=== Section Start ===

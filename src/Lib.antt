-- ===== src/Lib.antt =====
-- WebSocketDS: a server that lets WebSocket clients read, write and command the devices of a Tango
-- control system and subscribe to their events. It is built in two modes (src/*/CurrentMode.h): the
-- server mode for a fixed device or group, the client mode for any device.
--
-- A client opens a connection (WSThread), which is authenticated by the device AuthDS (UserControl).
-- Each message is parsed and checked (ParsingInputJson); a request on users goes to WSTangoConn, one
-- on events to EventProcCli, any other to WSTangoConnCli, which asks for permission and hands it to
-- TangoProcessor. That sends commands, readings and writes to Tango without waiting: the connection
-- becomes active with a task for each, and a thread collects the answers in passes over the active
-- connections. All answers are texts (StringProc, TangoProcessor).
--
-- The files, with the code they are about in src/wstangoproc_common and src/wstangoproc_cli:
--   Wire          common.h, ErrorType.h, ResponseFromEvent.h, EnumConverter.h: the enumerations and
--                 their tables; Wire/Kinds the tests on the type of a request, Wire/Tags the proofs
--   Request       ParsingInputJson.h: the parsed request; Request/Parse is `parseInputJson`,
--                 Request/EventLists `_getEventSubList`, Request/Validity `_checkValidity`; the proofs
--                 are in Request/Complete and Request/Answered
--   StringProc    StringProc.cpp: StringProc/Response the texts that go out, StringProc/Split the
--                 cutting of texts, StringProc/Precision the precision options; the proofs are
--                 in StringProc/Split/Rejoin and StringProc/OneLine
--   UserControl   UserControl.cpp: `check_user`, `check_permission`, `sendLog`; the proofs are in
--                 UserControl/Permission and UserControl/Log, and in UserControl/Calm for an AuthDS
--                 whose commands answer or end in a `DevFailed`
--   Session       WSTangoConn.cpp and WSThread.cpp: Session/Options the options of the device,
--                 Session/Users a connection's user; the proofs are in Session/Settings,
--                 Session/Access and Session/Calm
--   Events        EventProcCli.cpp: Events/State the maps and the operations on one subscription,
--                 Events/Subscribe, Events/Unsubscribe and Events/Requests the requests; the proofs
--                 are in Events/Isolation, Clients, Subscriptions and Departure
--   Connections   WSThread.cpp and WSThread_plain.cpp: Connections/Opening is `on_open`, `on_close` and
--                 `addActive`, Connections/Sending `send` and `send_all`, Connections/Messages
--                 `on_message`, Connections/Checking the thread that collects answers; the proofs
--                 are in Active, Collecting, Requests and Safe (histories), Tasks and Waiting
--                 (the tasks of a connection), Time, LastPass and Settled (the end of the loop), and Address
--   Devices       TangoProcessor.cpp and TangoProcessor.h: Devices/Argin the data that is sent,
--                 Devices/Asking the requests, Devices/Values the JSON of values, Devices/Answering
--                 the answers; the proofs are in Devices/Made, Members, Sendable and
--                 Braces
--   Client        WSTangoConnCli.cpp and GroupForWs.cpp: the requests of the client build, with the
--                 pipes in Client/Pipes; the proofs are in Client/Permission, Contained,
--                 Escapes and Dimensions
--   ServerBuild   wstangoproc_ser/WSTangoConnSer.cpp: `sendRequestAsync` of the server mode, with the
--                 branch of `processAsyncReq` that it uses; ServerBuild/Requests is `sendRequest` and
--                 `checkResponse`; the proofs are in ServerBuild/Permission and
--                 ServerBuild/Waiting
--   Base          Booleans, texts, `std::stoi`, dictionaries and nested dictionaries
--   Tests         runs at concrete inputs
--
-- An operation that changes state takes the state and returns it. The Tango library, AuthDS,
-- websocketpp and boost's property tree are records of operations, parameters over a state of
-- everything outside the program; an exception is a value: a `DevFailed`, a `runtime_error` with
-- its text, or one of another kind, where the code tells them apart. `otherInpStr.at(key)` is
-- called only for keys that the parser requires; the text that `value_at` has for a missing key
-- stands for no call of the source. WSThread calls the client build through the record `TangoConn`,
-- which `Client.client` fills. A map is an association list, whose order stands for the unspecified
-- order of an unordered map. A connection's handle is a number. What an uninitialised variable
-- holds is a parameter, `unset`. A device proxy is known by the name that it was made with. The
-- operations on events hold one lock from end to end, so that a history is a sequence of calls; a
-- pass over the active connections holds the lock of the connections, and a history of WSThread is
-- a sequence of whole handlers and passes. A 32-bit `int` is read by `stoi` with its bounds, and
-- the number of sessions wraps at 2 ^ 64. There are two fuels: that of `parseInputString` is the
-- length of the text and one more, of which every round uses up at least the separator; that of the
-- loop of `checkActions` is enough when it is above the number of passes within which Tango
-- answers.
--
-- Not modelled: of the server mode the set-up of the device or group, its updates and EventProcSer;
-- the data of an event (`processEvent`, `processUpdate`), the copies that MyAttributeData and
-- MyEventData make of Tango's fields, the TLS endpoint, the start and stop of threads, a pass in
-- the middle of a handler (which holds the lock only where it changes the maps), logging, the
-- generated device classes and the copy of websocketpp.
pub mod Base
pub mod Wire
pub mod Request
pub mod StringProc
pub mod UserControl
pub mod Events
pub mod Session
pub mod Connections
pub mod Devices
pub mod Client
pub mod ServerBuild
pub mod Tests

=== Section End ===

(Activity) All lines in the listing above from the line containing "Session/Users a connection's" to the line containing "collects answers; the proofs", inclusive, should be retyped exactly; no other lines should appear.

(Output)
--                 Session/Users a connection's user; the proofs are in Session/Settings,
--                 Session/Access and Session/Calm
--   Events        EventProcCli.cpp: Events/State the maps and the operations on one subscription,
--                 Events/Subscribe, Events/Unsubscribe and Events/Requests the requests; the proofs
--                 are in Events/Isolation, Clients, Subscriptions and Departure
--   Connections   WSThread.cpp and WSThread_plain.cpp: Connections/Opening is `on_open`, `on_close` and
--                 `addActive`, Connections/Sending `send` and `send_all`, Connections/Messages
--                 `on_message`, Connections/Checking the thread that collects answers; the proofs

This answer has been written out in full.